Dr. David M. Labiner, the president of the National Association of Epilepsy Centers, said the “lag time” between diagnosis and referral to a comprehensive center “is still up to 20 years.” Another hurdle: The RNS costs up to $40,000, a figure that doesn’t include $ 10,000 to $20,000 for the surgery, or diagnostic testing. The device also requires a battery change every two to three years.
An estimated 2.3 million American adults have epilepsy, and in a third of them, seizures are not controlled by drugs. Brain surgery can relieve seizures completely, but many patients are not candidates because their seizures start in parts of the brain that can’t be removed, such as those needed for language or memory.
Without treatment options, people with intractable epilepsy often find it difficult to hold jobs or to find spouses. They can suffer repeated injuries from falls and burns; their mortality rate is two to three times higher than that of the general population.
“There are people out there who are just desperate for the next treatment,” said Janice Buelow of the Epilepsy Foundation.
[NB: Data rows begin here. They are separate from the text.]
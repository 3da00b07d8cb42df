-- ===== src/Subscription/Aggregate/Methods.antt =====
-- When each method of the aggregate throws, and what it leaves alone.
use webhook_idp.Subscription.Events.{subscription_created, subscription_deleted, Clock, now}
use webhook_idp.Subscription.ValueObjects.{
  EventType, SubscriptionStatus, active, paused, deleted, subscription_id_generate,
}
use webhook_idp.Common.Text.{Text}
use webhook_idp.Common.{◌≡◌, ◌≢◌, ◌↔◌, ◌⊎◌, List, [], ◌∷◌, ◌++◌, arith}
use webhook_idp.Common.Exec.{ok, err, err_of_ne-ok}
use webhook_idp.Common.State.{Exec}
use webhook_idp.Subscription.Errors.{DomainError}
use webhook_idp.Subscription.TargetUrl.{TargetUrl}
use webhook_idp.Subscription.Aggregate
use webhook_idp.Subscription.Aggregate.{
  create, CreateWebhookSubscriptionParams, WebhookSubscription, WebhookSubscription, Held,
}

-- A call of a method that changes the object.
pub data Command : Type 0 where
  pause resume delete : Command
  update_target_url : TargetUrl → Command
  update_subscribed_event_types : List EventType → Command

unfoldable pub perform : Command → Exec Held DomainError (Unit {0})
unfolding Aggregate.status_equals Aggregate.pause Aggregate.resume Aggregate.delete
    Aggregate.update_target_url Aggregate.update_subscribed_event_types
perform pause = Aggregate.pause
perform resume = Aggregate.resume
perform delete = Aggregate.delete
perform (update_target_url url) = Aggregate.update_target_url url
perform (update_subscribed_event_types types) = Aggregate.update_subscribed_event_types types

-- When a method throws.
abbrev pub Refuses : Command → SubscriptionStatus → Type 0
Refuses pause status = status ≢ active
Refuses resume status = status ≢ paused
Refuses delete status = ⊥
Refuses (update_target_url url) status = status ≡ deleted
Refuses (update_subscribed_event_types types) status = (status ≡ deleted) ⊎ (types ≡ [])

Refuses-of_throw :
    (c : Command) (s : Held) (e : DomainError) → (perform c s).0 ≡ err e → Refuses c s.self.status
unfolding perform
Refuses-of_throw pause s e h = ground arith
Refuses-of_throw (update_subscribed_event_types []) s e h = ground arith
Refuses-of_throw _ s e h = ground arith

throws_of_Refuses : (c : Command) (s : Held) → Refuses c s.self.status → (perform c s).0 ≢ ok tt
unfolding perform
throws_of_Refuses pause s r = ground arith
throws_of_Refuses _ s r = ground arith

-- A method throws exactly in these cases: `pause` unless the status is ACTIVE, `resume` unless it is
-- PAUSED, an update if it is DELETED, an update of the event types also if the new list is empty;
-- `delete` never throws.
perform-throws_iff :
    (c : Command) (s : Held)
    → ((e : DomainError) × ((perform c s).0 ≡ err e)) ↔ Refuses c s.self.status
perform-throws_iff c s = (
  (λ (e, h). Refuses-of_throw c s e h),
  (λ r. err_of_ne-ok (perform c s).0 (throws_of_Refuses c s r)),
)

-- A method that throws has changed nothing, and has not read the clock.
perform_atomic :
    (c : Command) (s : Held) (e : DomainError) → (perform c s).0 ≡ err e → (perform c s).1 ≡ s
unfolding perform
perform_atomic pause s e h = ground arith
perform_atomic resume s e h = ground arith
perform_atomic delete s e h = ground arith
perform_atomic (update_target_url url) s e h = ground arith
perform_atomic (update_subscribed_event_types types) s e h = ground arith

-- What a subscription that `create` returned is.
pub record IsCreated (uuid : Text) (params : CreateWebhookSubscriptionParams) (clock : Clock)
    (s : WebhookSubscription) : Type 0 where
  pub id : s.id.value ≡ uuid
  pub tenant_id : s.tenant_id ≡ params.tenant_id
  pub client : s.created_by_client_id ≡ params.created_by_client_id
  pub user : s.created_by_user_id ≡ params.created_by_user_id
  pub target_url : s.target_url ≡ params.target_url
  pub types : s.event_types ≡ params.subscribed_event_types
  pub status : s.status ≡ active
  pub events :
      s.domain_events
      ≡ record { class = subscription_created; aggregate_id = uuid; occurred_at = now clock } ∷ []

pub create-IsCreated :
    (uuid : Text) (params : CreateWebhookSubscriptionParams) (clock : Clock)
    (s : WebhookSubscription)
    → (create uuid params clock).0 ≡ ok s
    → IsCreated uuid params clock s
unfolding create subscription_id_generate
create-IsCreated uuid params clock s h = record {
  id = ground arith;
  tenant_id = ground arith;
  client = ground arith;
  user = ground arith;
  target_url = ground arith;
  types = ground arith;
  status = ground arith;
  events = ground arith;
}

-- What `delete` records: one event, unless the subscription is deleted already.
pub delete-events :
    (s : Held)
    → (s.self.status ≡ deleted → (perform delete s).1.self.domain_events ≡ s.self.domain_events)
      × (s.self.status ≢ deleted
          → (perform delete s).1.self.domain_events
            ≡ s.self.domain_events
              ++ record {
                class = subscription_deleted;
                aggregate_id = s.self.id.value;
                occurred_at = now s.clock;
              }
                ∷ [])
unfolding perform
delete-events s = (λ h. ground arith, λ h. ground arith)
In a clinical trial of 191 people at 32 sites, patients received stimulators but did not know whether they were activated. Those with stimulators activated reported a 38 percent reduction in seizures over three months, compared with a 17 percent decrease among those whose stimulators were not, according to the results published in Neurology.
Implantation surgery requires two days in the hospital.
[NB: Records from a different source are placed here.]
-- ===== src/Subscription/Aggregate/Lifecycle.antt =====
-- The life of a subscription as a state machine.
use webhook_idp.Common.{◌≡◌, refl, arith, List, [], ◌∷◌, ap, ◌∙◌}
use mathlib.Core.List.{foldl}
use webhook_idp.Common.Exec.{ok}
use webhook_idp.Subscription.ValueObjects.{SubscriptionStatus, active, paused, deleted}
use webhook_idp.Subscription.Aggregate.{WebhookSubscription, Held}
use webhook_idp.Subscription.Aggregate.Methods.{Command, pause, resume, delete, perform}

-- Calls in a row, by a caller that goes on after an exception.
unfoldable pub run : List Command → Held → Held
run [] s = s
run (c ∷ cs) s = run cs (perform c s).1

-- The arrows of the state diagram, and the calls that stay.
pub data Transition : SubscriptionStatus → SubscriptionStatus → Type 0 where
  pausing : Transition active paused
  resuming : Transition paused active
  deleting_active : Transition active deleted
  deleting_paused : Transition paused deleted
  staying : (status : SubscriptionStatus) → Transition status status

pub data Reach (a : SubscriptionStatus) : SubscriptionStatus → Type 0 where
  here : Reach a a
  next : {b c : SubscriptionStatus} → Reach a b → Transition b c → Reach a c

-- What no method writes.
pub record SameOrigin (a b : WebhookSubscription) : Type 0 where
  pub id : a.id ≡ b.id
  pub tenant_id : a.tenant_id ≡ b.tenant_id
  pub client : a.created_by_client_id ≡ b.created_by_client_id
  pub user : a.created_by_user_id ≡ b.created_by_user_id
  pub created_at : a.created_at ≡ b.created_at

pub perform-SameOrigin : (c : Command) (s : Held) → SameOrigin s.self (perform c s).1.self
unfolding perform
perform-SameOrigin pause s = ground arith
perform-SameOrigin _ s = ground arith

-- The state machine of the diagram: what each call makes of each status.
unfoldable pub after : SubscriptionStatus → Command → SubscriptionStatus
after active pause = paused
after paused resume = active
after status delete = deleted
after status _ = status

after-Transition : (status : SubscriptionStatus) (c : Command) → Transition status (after status c)
unfolding after
after-Transition active pause = pausing
after-Transition paused resume = resuming
after-Transition active delete = deleting_active
after-Transition paused delete = deleting_paused
after-Transition deleted delete = staying deleted
after-Transition status _ = staying _

status-perform : (c : Command) (s : Held) → (perform c s).1.self.status ≡ after s.self.status c
unfolding perform after
status-perform pause s = ground arith
status-perform _ s = ground arith

pub perform-Transition :
    (c : Command) (s : Held) → Transition s.self.status (perform c s).1.self.status
perform-Transition c s = rw status-perform (after-Transition s.self.status c)

-- The status after any calls, whether they throw or not, is what the state machine of the diagram
-- makes of them.
pub status-run :
    (cs : List Command) (s : Held) → (run cs s).self.status ≡ foldl after s.self.status cs
unfolding run
status-run [] s = refl
status-run (c ∷ cs) s =
    status-run cs (perform c s).1 ∙ ap (λ status. foldl after status cs) (status-perform c s)

foldl-Reach :
    (a b : SubscriptionStatus) (cs : List Command) → Reach a b → Reach a (foldl after b cs)
foldl-Reach a b [] r = r
foldl-Reach a b (c ∷ cs) r = foldl-Reach a (after b c) cs (next r (after-Transition b c))

-- The status after any calls is reached from the first along the arrows of the diagram: from ACTIVE
-- to PAUSED and back, from both to DELETED, and never out of DELETED.
pub run-Reach : (cs : List Command) (s : Held) → Reach s.self.status (run cs s).self.status
run-Reach cs s = rw status-run (foldl-Reach s.self.status s.self.status cs here)

SameOrigin-run : (cs : List Command) (s : Held) → SameOrigin s.self (run cs s).self
unfolding run
SameOrigin-run [] s = record {
  id = refl;
  tenant_id = refl;
  client = refl;
  user = refl;
  created_at = refl;
}
SameOrigin-run (c ∷ cs) s =
    let a = perform-SameOrigin c s in
    let b = SameOrigin-run cs (perform c s).1 in
    record {
      id = a.id ∙ b.id;
      tenant_id = a.tenant_id ∙ b.tenant_id;
      client = a.client ∙ b.client;
      user = a.user ∙ b.user;
      created_at = a.created_at ∙ b.created_at;
    }

perform_deleted : (c : Command) (s : Held) → s.self.status ≡ deleted → (perform c s).1 ≡ s
unfolding perform
perform_deleted pause s h = ground arith
perform_deleted _ s h = ground arith

-- A deleted subscription never changes again, whatever methods are called: no field, no event, and
-- the clock is not read.
run_deleted : (cs : List Command) (s : Held) → s.self.status ≡ deleted → run cs s ≡ s
unfolding run
run_deleted [] s h = refl
run_deleted (c ∷ cs) s h = ap (run cs) (perform_deleted c s h) ∙ run_deleted cs s h

-- Deleting twice is deleting once: the second call neither throws nor changes anything.
pub delete_idempotent :
    (s : Held)
    → ((perform delete s).1.self.status ≡ deleted)
      × (perform delete (perform delete s).1 ≡ (ok tt, (perform delete s).1))
unfolding perform
delete_idempotent s = ground arith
Before the RNS is turned on, a patient’s seizure patterns must be detected, a process that takes months. Then comes a period of trial and error, when the intensity of stimulation is increased or decreased, or the number of pulses altered, to see if the patient experiences fewer seizures.
Mr. Ramsey’s treatment has been more successful than most. Soon after his stimulator was turned on, his major convulsive seizures stopped. But it took three years of adjustments to stop another kind of seizure that resulted in his simply staring.
Mr. Ramsey, who lives on his own, still has cognitive issues. “I forget people’s names all the time,” he said.
Now he is hoping for another life-changing result: “Finding a really nice girl,” he said. “I would like to have a baby so I can raise a family.”